Uma das conquistas do trabalho foi a formação, há oito anos, de um grupo de teatro dos usuários, do qual participavam prostitutas e travestis. A trupe montou peças em teatros comerciais para o público em geral. Numa delas, adaptou A miséria do mundo, texto de Pierre Bourdieu, mesclando cenas da vida e do cotidiano dos integrantes. Em 2008, porém, não há grupo de teatro. “Nosso público sabia ler e escrever. Mas, neste ano, são todos iletrados e analfabetos”, diz Lia. É um retrato de uma soma de exclusões: o usuário de crack é também morador de rua, portador de hepatite e/ou do vírus HIV etc. etc. Os sintomas da exclusão estão também na vizinhança. Quando a turma do crack chegou e começou a deixar visíveis os sinais de sua presença, praticamente acabaram as doações de roupas, livros e alimentos que chegavam com freqüência.
O percurso, é claro, inclui também vitórias.
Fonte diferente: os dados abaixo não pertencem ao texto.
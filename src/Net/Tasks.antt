-- ===== src/Net/Tasks.antt =====
-- Programs that put queries to the world, as trees: a query with what follows on each answer.
use mcp_web_search.Base.{true, false, Option, none, some, ok, err}
use mcp_web_search.Errors.{WsResult}
use mcp_web_search.Net.Types.{UrlLib, Query, Answer, expired}

pub data Io (U : UrlLib) (A : Type 0) : Type 0 where
  ret : A → Io U A
  ask : (q : Query U) → (Answer U q → Io U A) → Io U A

-- An `async fn` that returns a `WsResult`.
abbrev pub Task : UrlLib → Type 0 → Type 0
Task U A = Io U (WsResult A)

module _ {U : UrlLib} where
  unfoldable pub bind : {A B : Type 0} → Io U A → (A → Io U B) → Io U B
  bind (ret a) f = f a
  bind (ask q k) f = ask q (λ x. bind (k x) f)

  -- The rest of a function after `?`.
  abbrev pub on_ok : {A B : Type 0} → (A → Task U B) → WsResult A → Task U B
  on_ok f (ok a) = f a
  on_ok f (err e) = ret (err e)

  infixl 5 ◌>>=◌ ◌>>◌
  abbrev pub ◌>>=◌ : {A B : Type 0} → Task U A → (A → Task U B) → Task U B
  m >>= f = bind m (on_ok f)

  abbrev pub ◌>>◌ : {B : Type 0} → Task U (Unit {0}) → Task U B → Task U B
  m >> k = bind m (on_ok (λ _. k))

  -- A step that waits for nothing.
  abbrev pub pure : {A : Type 0} → WsResult A → Task U A
  pure r = ret r

  abbrev pub query : (q : Query U) → Io U (Answer U q)
  query q = ask q (λ x. ret x)

  -- `tokio::time::timeout`: at each wait the deadline may have passed, and the future is dropped.
  unfoldable pub with_timeout : {A : Type 0} → Io U A → Io U (Option A)
  with_timeout (ret a) = ret (some a)
  with_timeout (ask q k) =
      ask expired λ late. elim late [ true ↦ ret none | false ↦ ask q (λ x. with_timeout (k x)) ]

  -- A run against a world that gives each query one answer.
  unfoldable pub run : {A : Type 0} → ((q : Query U) → Answer U q) → Io U A → A
  run world (ret a) = a
  run world (ask q k) = run world (k (world q))
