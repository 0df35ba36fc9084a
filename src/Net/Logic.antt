-- ===== src/Net/Logic.antt =====
-- Reasoning about programs: what holds of every query and every result, whatever the world answers,
-- and how many requests are sent at most.
use mcp_web_search.Base.{
  if◌then◌else◌, refl, false, try, true, ◌≡◌, Bool, ℕ, ◌≤◌, ◌+◌, ◌-◌, ok, err, arith,
}
use mcp_web_search.Errors.{WsResult}
use mcp_web_search.Net.Types.{
  UrlLib, Query, Answer, lookup_host, build_client, send, expired, call, drive,
}
use mcp_web_search.Net.Tasks.{Io, ret, ask, bind, Task, on_ok}

-- A condition on the value of a success.
abbrev pub OnOk : {A : Type 0} → (A → Type 0) → WsResult A → Type 0
OnOk Q (ok a) = Q a
OnOk Q (err e) = Unit

pub OnOk-if :
    {A : Type 0} (Q : A → Type 0) (b : Bool) (r s : WsResult A)
    → (b ≡ true → OnOk Q r)
    → (b ≡ false → OnOk Q s)
    → OnOk Q (if b then r else s)
OnOk-if Q true r s h k = h refl
OnOk-if Q false r s h k = k refl

pub OnOk-try :
    {A B : Type 0} (Q : B → Type 0) (r : WsResult A) (f : A → WsResult B)
    → ((a : A) → r ≡ ok a → OnOk Q (f a))
    → OnOk Q (try r f)
OnOk-try Q (ok a) f h = h a refl
OnOk-try Q (err e) f h = tt

pub OnOk-weaken :
    {A : Type 0} (P Q : A → Type 0) (r : WsResult A) → ((a : A) → P a → Q a) → OnOk P r → OnOk Q r
OnOk-weaken P Q (ok a) f h = f a h
OnOk-weaken P Q (err e) f h = tt

pub OnOk-Unit : {A : Type 0} (r : WsResult A) → OnOk (λ _. Unit {0}) r
OnOk-Unit (ok a) = tt
OnOk-Unit (err e) = tt

module _ {U : UrlLib} where
  -- Every query meets `P`, and every result `Q`.
  abbrev pub Runs : {A : Type 0} → (Query U → Type 0) → (A → Type 0) → Io U A → Type 0
  Runs P Q (ret a) = Q a
  Runs P Q (ask q k) = P q × ((x : Answer U q) → Runs P Q (k x))

  pub Runs-any : {A : Type 0} (m : Io U A) → Runs (λ _. Unit {0}) (λ _. Unit {0}) m
  Runs-any (ret a) = tt
  Runs-any (ask q k) = (tt, λ x. Runs-any (k x))

  pub Runs-if :
      {A : Type 0} (P : Query U → Type 0) (Q : A → Type 0) (b : Bool) (m n : Io U A)
      → (b ≡ true → Runs P Q m)
      → (b ≡ false → Runs P Q n)
      → Runs P Q (if b then m else n)
  Runs-if P Q true m n h k = h refl
  Runs-if P Q false m n h k = k refl

  pub Runs-bind :
      {A B : Type 0} (P : Query U → Type 0) (Q : A → Type 0) (R : B → Type 0) (m : Io U A)
      (f : A → Io U B)
      → Runs P Q m
      → ((a : A) → Q a → Runs P R (f a))
      → Runs P R (bind m f)
  unfolding bind
  Runs-bind P Q R (ret a) f h k = k a h
  Runs-bind P Q R (ask q next) f h k = (h.0, λ x. Runs-bind P Q R (next x) f (h.1 x) k)

  Runs-on_ok :
      {A B : Type 0} (P : Query U → Type 0) (Q : A → Type 0) (R : B → Type 0) (f : A → Task U B)
      → ((a : A) → Q a → Runs P (OnOk R) (f a))
      → (r : WsResult A) → OnOk Q r
      → Runs P (OnOk R) (on_ok f r)
  Runs-on_ok P Q R f k (ok a) q = k a q
  Runs-on_ok P Q R f k (err e) _ = tt

  pub Runs->>= :
      {A B : Type 0} (P : Query U → Type 0) (Q : A → Type 0) (R : B → Type 0) (m : Task U A)
      (f : A → Task U B)
      → Runs P (OnOk Q) m
      → ((a : A) → Q a → Runs P (OnOk R) (f a))
      → Runs P (OnOk R) (bind m (on_ok f))
  Runs->>= P Q R m f h k = Runs-bind P (OnOk Q) (OnOk R) m (on_ok f) h (Runs-on_ok P Q R f k)

  -- The requests that a query sends; what a browser loads is not counted.
  abbrev pub cost : Query U → ℕ
  cost (lookup_host name port) = 0
  cost (build_client pins) = 0
  cost (send method client url) = 1
  cost expired = 0
  cost (call req) = 1
  cost (drive d) = 0

  -- At most `n` requests are sent on any run.
  abbrev pub SendsAtMost : {A : Type 0} → ℕ → Io U A → Type 0
  SendsAtMost n (ret a) = Unit
  SendsAtMost n (ask q k) = (cost q ≤ n) × ((x : Answer U q) → SendsAtMost (n - cost q) (k x))

  pub SendsAtMost-weaken :
      {A : Type 0} (m n : ℕ) (p : Io U A) → m ≤ n → SendsAtMost m p → SendsAtMost n p
  SendsAtMost-weaken m n (ret a) le h = tt
  SendsAtMost-weaken m n (ask q k) le h = (
    omega (arith, h.0),
    λ x. SendsAtMost-weaken (m - cost q) (n - cost q) (k x) (omega arith) (h.1 x),
  )

  pub SendsAtMost-if :
      {A : Type 0} (n : ℕ) (b : Bool) (p q : Io U A)
      → SendsAtMost n p
      → SendsAtMost n q
      → SendsAtMost n (if b then p else q)
  SendsAtMost-if n true p q h k = h
  SendsAtMost-if n false p q h k = k

  pub SendsAtMost-bind :
      {A B : Type 0} (m n : ℕ) (p : Io U A) (f : A → Io U B)
      → SendsAtMost m p
      → ((a : A) → SendsAtMost n (f a))
      → SendsAtMost (m + n) (bind p f)
  unfolding bind
  SendsAtMost-bind m n (ret a) f h k = SendsAtMost-weaken n (m + n) (f a) (omega arith) (k a)
  SendsAtMost-bind m n (ask q next) f h k = (
    omega (arith, h.0),
    λ x.
        SendsAtMost-weaken (m - cost q + n) (m + n - cost q) (bind (next x) f) (omega (arith, h.0))
          (SendsAtMost-bind (m - cost q) n (next x) f (h.1 x) k),
  )

  SendsAtMost-on_ok :
      {A B : Type 0} (n : ℕ) (f : A → Task U B)
      → ((a : A) → SendsAtMost n (f a))
      → (r : WsResult A) → SendsAtMost n (on_ok f r)
  SendsAtMost-on_ok n f k (ok a) = k a
  SendsAtMost-on_ok n f k (err e) = tt

  pub SendsAtMost->>= :
      {A B : Type 0} (m n total : ℕ) (p : Task U A) (f : A → Task U B)
      → m + n ≡ total
      → SendsAtMost m p
      → ((a : A) → SendsAtMost n (f a))
      → SendsAtMost total (bind p (on_ok f))
  SendsAtMost->>= m n total p f e h k =
      SendsAtMost-weaken (m + n) total (bind p (on_ok f)) (omega (arith, e))
        (SendsAtMost-bind m n p (on_ok f) h (SendsAtMost-on_ok n f k))

  -- The same where the first step waits for nothing.
  pub Runs-pure :
      {A B : Type 0} (P : Query U → Type 0) (R : B → Type 0) (r : WsResult A) (f : A → Task U B)
      → ((a : A) → Runs P (OnOk R) (f a))
      → Runs P (OnOk R) (bind (ret r) (on_ok f))
  unfolding bind
  Runs-pure P R (ok a) f k = k a
  Runs-pure P R (err e) f k = tt

  pub SendsAtMost-pure :
      {A B : Type 0} (n : ℕ) (r : WsResult A) (f : A → Task U B)
      → ((a : A) → SendsAtMost n (f a))
      → SendsAtMost n (bind (ret r) (on_ok f))
  unfolding bind
  SendsAtMost-pure n (ok a) f k = k a
  SendsAtMost-pure n (err e) f k = tt

  pub Runs-mono :
      {A : Type 0} (P Q : Query U → Type 0) (R S : A → Type 0) (m : Io U A)
      → ((q : Query U) → P q → Q q)
      → ((a : A) → R a → S a)
      → Runs P R m
      → Runs Q S m
  Runs-mono P Q R S (ret a) f g h = g a h
  Runs-mono P Q R S (ask q k) f g h = (f q h.0, λ x. Runs-mono P Q R S (k x) f g (h.1 x))

  -- Two conclusions about the results of the same runs.
  pub Runs-and :
      {A : Type 0} (P : Query U → Type 0) (R S : A → Type 0) (m : Io U A)
      → Runs P R m
      → Runs P S m
      → Runs P (λ a. R a × S a) m
  Runs-and P R S (ret a) h k = (h, k)
  Runs-and P R S (ask q next) h k = (h.0, λ x. Runs-and P R S (next x) (h.1 x) (k.1 x))
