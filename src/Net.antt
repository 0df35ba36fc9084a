-- ===== src/Net.antt =====
-- What the program asks of the world outside: the `url` crate, DNS, and the HTTP client. The
-- crate's URLs are an abstract type with the operations that src/ calls; every effect is a query,
-- and whatever the world answers is open, at each query anew.
mod Types
mod Tasks
pub mod Logic
pub mod Concurrent
pub use Types.*
unfoldable pub use Tasks.*
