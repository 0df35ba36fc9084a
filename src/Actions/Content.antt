-- ===== src/Actions/Content.antt =====
-- The shape of what a tool returns, as `text_content` of src/actions/mod.rs and the tools of
-- src/actions/browser.rs build it and `handle_tools_call` of src/server.rs passes it on.
use mcp_web_search.Errors.{WsResult}
use mcp_web_search.Net.Logic.{Runs-any, Runs-bind, OnOk, Runs}
use mcp_web_search.Base.{
  none, refl, ◌⊎◌, All, ◌∷◌, err, inl, ok, [], some, text_eq, ◌≡◌, lit, List, Text,
}
use mcp_web_search.Net.{on_ok, ◌>>=◌, bind, Io, Task, UrlLib}
use mcp_web_search.Actions.{text_content}
use mcp_web_search.Json.{array, str, get, Value}

-- A block of content: a text, or a picture in base64.
abbrev pub IsTextBlock : Value → Type 0
IsTextBlock v =
    (text : Text) × (get v (lit "type") ≡ some (str (lit "text")))
    × (get v (lit "text") ≡ some (str text))

abbrev pub IsImageBlock : Value → Type 0
IsImageBlock v =
    (data_text : Text) × (get v (lit "type") ≡ some (str (lit "image")))
    × (get v (lit "data") ≡ some (str data_text))
    × (get v (lit "mimeType") ≡ some (str (lit "image/png")))

-- Blocks of content, one at least.
abbrev pub HasBlocks : Value → Type 0
HasBlocks v =
    (b : Value) × (bs : List Value) × (get v (lit "content") ≡ some (array (b ∷ bs)))
    × All (λ w. IsTextBlock w ⊎ IsImageBlock w) (b ∷ bs)

-- What a tool returns.
abbrev pub IsContent : Value → Type 0
IsContent v = HasBlocks v × (get v (lit "isError") ≡ none)

pub text_content-IsContent : (text : Text) → IsContent (text_content text)
unfolding text_content get lit text_eq
text_content-IsContent text = ((_, [], refl, (inl (text, refl, refl), tt)), refl)

module _ {U : UrlLib} where
  -- Every success of a task meets `R`, whatever the world answers.
  abbrev pub Returns : {A : Type 0} → (A → Type 0) → Task U A → Type 0
  Returns R m = Runs (λ _. Unit {0}) (OnOk R) m

  -- What comes last decides.
  pub Returns-bind :
      {A B : Type 0} (R : B → Type 0) (m : Io U A) (f : A → Task U B)
      → ((a : A) → Returns R (f a))
      → Returns R (bind m f)
  Returns-bind R m f h =
      Runs-bind (λ _. Unit {0}) (λ _. Unit {0}) (OnOk R) m f (Runs-any m) (λ a _. h a)

  returned_on_ok :
      {A B : Type 0} (R : B → Type 0) (f : A → Task U B)
      → ((a : A) → Returns R (f a))
      → (r : WsResult A) → Returns R (on_ok f r)
  returned_on_ok R f h (ok a) = h a
  returned_on_ok R f h (err e) = tt

  pub Returns->>= :
      {A B : Type 0} (R : B → Type 0) (m : Task U A) (f : A → Task U B)
      → ((a : A) → Returns R (f a))
      → Returns R (m >>= f)
  Returns->>= R m f h = Returns-bind R m (on_ok f) (returned_on_ok R f h)
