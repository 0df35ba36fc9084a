-- ===== src/Actions/Urls.antt =====
-- The list of URLs that `web_extract` of src/actions/extract.rs and `web_check_links` of
-- src/actions/fetch.rs take.
use mcp_web_search.Actions.{get_str_array}
use mcp_web_search.Net.Logic.{OnOk}
use mcp_web_search.Json.{Value}
use mcp_web_search.Base.{
  arith, inr, inl, Bool-cases, show_nat, ok, ◌++◌, ltb, ◌<◌, lit, [], ◌≤◌, ◌∷◌, length, ok_or, none,
  some, Text, List, ℕ, Option,
}
use mcp_web_search.Errors.{refuse_if, invalid_params, WebSearchError, WsResult, ◌>>=◌, ◌>>◌}

-- `Option::filter` on a list.
abbrev pub nonempty_list : {A : Type 0} → Option (List A) → Option (List A)
nonempty_list none = none
nonempty_list (some []) = none
nonempty_list (some (x ∷ xs)) = some (x ∷ xs)

unfoldable pub urls_given : Option Value → ℕ → WsResult (List Text)
urls_given args max_urls = do
  urls ←
      ok_or (nonempty_list (get_str_array args (lit "urls")))
        (invalid_params (lit "Missing 'urls' parameter"))
  refuse_if (ltb max_urls (length urls)) (
      invalid_params (
        lit "Too many URLs: provided "
        ++ (show_nat (length urls) ++ (lit ", maximum is " ++ show_nat max_urls))))
  ok urls

counted-bound :
    (max_urls : ℕ) (x : Text) (xs : List Text) (e : WebSearchError)
    → OnOk
        (λ urls. (length urls ≤ max_urls) × (0 < length urls))
        (refuse_if (ltb max_urls (length (x ∷ xs))) e >> ok (x ∷ xs))
counted-bound max_urls x xs e = elim (Bool-cases (ltb max_urls (length (x ∷ xs)))) [
  | inl over ↦ rw over tt
  | inr within ↦ rw within (ground arith, omega arith)
]

given-bound :
    (max_urls : ℕ) (o : Option (List Text)) (e : WebSearchError) (f : List Text → WebSearchError)
    → OnOk
        (λ urls. (length urls ≤ max_urls) × (0 < length urls))
        (ok_or (nonempty_list o) e >>= λ urls.
          refuse_if (ltb max_urls (length urls)) (f urls) >> ok urls)
given-bound max_urls none e f = tt
given-bound max_urls (some []) e f = tt
given-bound max_urls (some (x ∷ xs)) e f = counted-bound max_urls x xs (f (x ∷ xs))

-- A list that is accepted has a URL, and no more than the limit.
pub urls_given-bound :
    (args : Option Value) (max_urls : ℕ)
    → OnOk (λ urls. (length urls ≤ max_urls) × (0 < length urls)) (urls_given args max_urls)
unfolding urls_given
urls_given-bound args max_urls =
    given-bound max_urls (get_str_array args (lit "urls")) _ (λ urls. _)
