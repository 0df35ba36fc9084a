-- ===== src/Float.antt =====
-- `f64` as src/ratelimit.rs and src/config.rs use it: IEEE 754 binary64 with rounding to the nearest
-- value, ties to even. A number is a multiple of 2⁻¹⁰⁷⁴, the smallest one above zero; the numbers of
-- the limiter are not negative, and only the command line can bring one that is.
pub mod Rounding
use mcp_web_search.Base.{
  ◌+◌, ◌*◌, ◌-◌, ◌/◌, ◌%◌, ◌^◌, ◌==◌, ltb, leb, if◌then◌else◌, min, max, true, false, suc, zero,
  Bool, ℕ,
}

pub data F64 : Type 0 where
  -- so many times 2⁻¹⁰⁷⁴
  finite : ℕ → F64
  infinity : F64
  nan : F64

-- A number of the command line: with a sign.
pub data SignedF64 : Type 0 where
  plus : F64 → SignedF64
  minus : F64 → SignedF64

abbrev pub scale : ℕ
scale = 2 ^ 1074

-- A whole number that has no more than 53 bits.
abbrev pub whole : ℕ → F64
whole n = finite (n * scale)

-- How often a number is halved until it has at most 53 bits. Each round halves it, so that the
-- number itself is fuel enough.
unfoldable pub excess_from : ℕ → ℕ → ℕ
excess_from zero q = 0
excess_from (suc fuel) q = elim (ltb q (2 ^ 53)) [
  | true ↦ 0
  | false ↦ suc (excess_from fuel (q / 2))
]

unfoldable pub excess : ℕ → ℕ
unfolding excess_from
excess q = excess_from q q

-- The whole number next to `n / d`, the even one of two.
abbrev pub nearest : ℕ → ℕ → ℕ
nearest n d =
    let q = n / d in
    let r = 2 * (n % d) in if ltb r d then q else if ltb d r then q + 1 else q + q % 2

-- Above all finite values stands infinity, from 2¹⁰²⁴ on.
abbrev pub or_infinity : ℕ → F64
or_infinity value = if ltb value (2 ^ 2098) then finite value else infinity

-- The values of 53 bits next to `n / d` are the multiples of `2 ^ excess (n / d)`.
unfoldable pub rounded : ℕ → ℕ → F64
unfolding excess
rounded n d = or_infinity (nearest n (d * 2 ^ excess (n / d)) * 2 ^ excess (n / d))

unfoldable pub add : F64 → F64 → F64
unfolding rounded
add (finite m) (finite n) = rounded (m + n) 1
add (finite m) infinity = infinity
add (finite m) nan = nan
add infinity (finite n) = infinity
add infinity infinity = infinity
add infinity nan = nan
add nan y = nan

-- The product with infinity: of zero it is no number.
abbrev times_infinity : ℕ → F64
times_infinity n = if n == 0 then nan else infinity

unfoldable pub multiply : F64 → F64 → F64
unfolding rounded
multiply (finite m) (finite n) = rounded (m * n) scale
multiply (finite m) infinity = times_infinity m
multiply (finite m) nan = nan
multiply infinity (finite n) = times_infinity n
multiply infinity infinity = infinity
multiply infinity nan = nan
multiply nan y = nan

-- `x - 1.0`, for `x` at least 1.0.
unfoldable pub less_one : F64 → F64
unfolding rounded
less_one (finite m) = rounded (m - scale) 1
less_one infinity = infinity
less_one nan = nan

-- `min` and `max` return the other argument where one is no number.
unfoldable pub minimum : F64 → F64 → F64
minimum (finite m) (finite n) = finite (min m n)
minimum (finite m) infinity = finite m
minimum (finite m) nan = finite m
minimum infinity (finite n) = finite n
minimum infinity infinity = infinity
minimum infinity nan = infinity
minimum nan y = y

unfoldable pub maximum : F64 → F64 → F64
maximum (finite m) (finite n) = finite (max m n)
maximum (finite m) infinity = infinity
maximum (finite m) nan = finite m
maximum infinity y = infinity
maximum nan y = y

-- `x == 0.0`, `x > 0.0` and `x >= 1.0`
abbrev pub is_zero : F64 → Bool
is_zero (finite m) = m == 0
is_zero infinity = false
is_zero nan = false

abbrev pub is_positive : F64 → Bool
is_positive (finite m) = ltb 0 m
is_positive infinity = true
is_positive nan = false

abbrev pub at_least_one : F64 → Bool
at_least_one (finite m) = leb scale m
at_least_one infinity = true
at_least_one nan = false

-- `x.max(0.0)`
abbrev pub at_least_zero : SignedF64 → F64
at_least_zero (plus x) = maximum x (finite 0)
at_least_zero (minus x) = finite 0

-- `Duration::as_secs_f64` of so many nanoseconds: the seconds and the rest are converted apart, the
-- rest is divided by 10⁹, and the two are added.
unfoldable pub as_secs_f64 : ℕ → F64
unfolding rounded add
as_secs_f64 nanos =
    add (rounded (nanos / 10 ^ 9 * scale) 1) (rounded (nanos % 10 ^ 9 * scale) (10 ^ 9))
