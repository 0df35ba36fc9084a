-- ===== src/Providers/Kind.antt =====
-- src/config.rs: which search backend is configured.
use mcp_web_search.Base.{
  ◌++◌, err, refl, ◌||◌, ok, ◌≡◌, if◌then◌else◌, text_eq, Result, Text, lit, Bool, true, false,
}

pub data SearchProvider : Type 0 where
  searxng duckduckgo bing tavily google zhipu exa bocha : SearchProvider

abbrev pub requires_api_key : SearchProvider → Bool
requires_api_key searxng = false
requires_api_key duckduckgo = false
requires_api_key _ = true

-- The closure `needs_url` of `Config::from_args`.
abbrev pub needs_url : SearchProvider → Bool
needs_url searxng = true
needs_url google = true
needs_url _ = false

unfoldable pub as_str : SearchProvider → Text
as_str searxng = lit "searxng"
as_str duckduckgo = lit "duckduckgo"
as_str bing = lit "bing"
as_str tavily = lit "tavily"
as_str google = lit "google"
as_str zhipu = lit "zhipu"
as_str exa = lit "exa"
as_str bocha = lit "bocha"

-- What the missing URL would be, for the message.
abbrev pub url_hint : SearchProvider → Text
url_hint searxng = lit "SearXNG base URL"
url_hint google = lit "Google Custom Search Engine id"
url_hint _ = lit "API URL"

-- `from_str`; `to_lowercase` is `str::to_lowercase`.
module _ (to_lowercase : Text → Text) where
  parsed_kind : Text → Result Text SearchProvider
  parsed_kind name =
      if text_eq name (lit "searxng")
      then ok searxng
      else if text_eq name (lit "duckduckgo") || text_eq name (lit "ddg")
      then ok duckduckgo
      else if text_eq name (lit "bing")
      then ok bing
      else if text_eq name (lit "tavily")
      then ok tavily
      else if text_eq name (lit "google")
      then ok google
      else if text_eq name (lit "zhipu")
      then ok zhipu
      else if text_eq name (lit "exa")
      then ok exa
      else if text_eq name (lit "bocha")
      then ok bocha
      else err (
          lit "Invalid search provider: "
          ++ (name
              ++ lit ". Supported: searxng, duckduckgo, bing, tavily, google, zhipu, exa, bocha"))

  unfoldable pub from_str : Text → Result Text SearchProvider
  unfolding parsed_kind
  from_str s = parsed_kind (to_lowercase s)

  -- Every provider is parsed back from the name that it displays, in whatever case that is written,
  -- where `to_lowercase` gives that name.
  pub from_str-as_str :
      (p : SearchProvider) (s : Text) → to_lowercase s ≡ as_str p → from_str s ≡ ok p
  unfolding from_str as_str text_eq lit
  from_str-as_str searxng s h = rw h refl
  from_str-as_str duckduckgo s h = rw h refl
  from_str-as_str bing s h = rw h refl
  from_str-as_str tavily s h = rw h refl
  from_str-as_str google s h = rw h refl
  from_str-as_str zhipu s h = rw h refl
  from_str-as_str exa s h = rw h refl
  from_str-as_str bocha s h = rw h refl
As maiores são conquistadas quando os usuários reconstroem sua história individual e coletiva. São estimulados, por exemplo, a ir sozinhos a agências de emprego procurar trabalho ou a morar em albergues ou quartos, sem permanecer indefinidamente em clínicas. “A reinserção social é o vetor que levanta a possibilidade de abstinência, não o contrário”, diz a socióloga brasileira. “Quanto mais conseguimos normalizar os processos, mais aumentam as possibilidades de reinserção e abstinência.”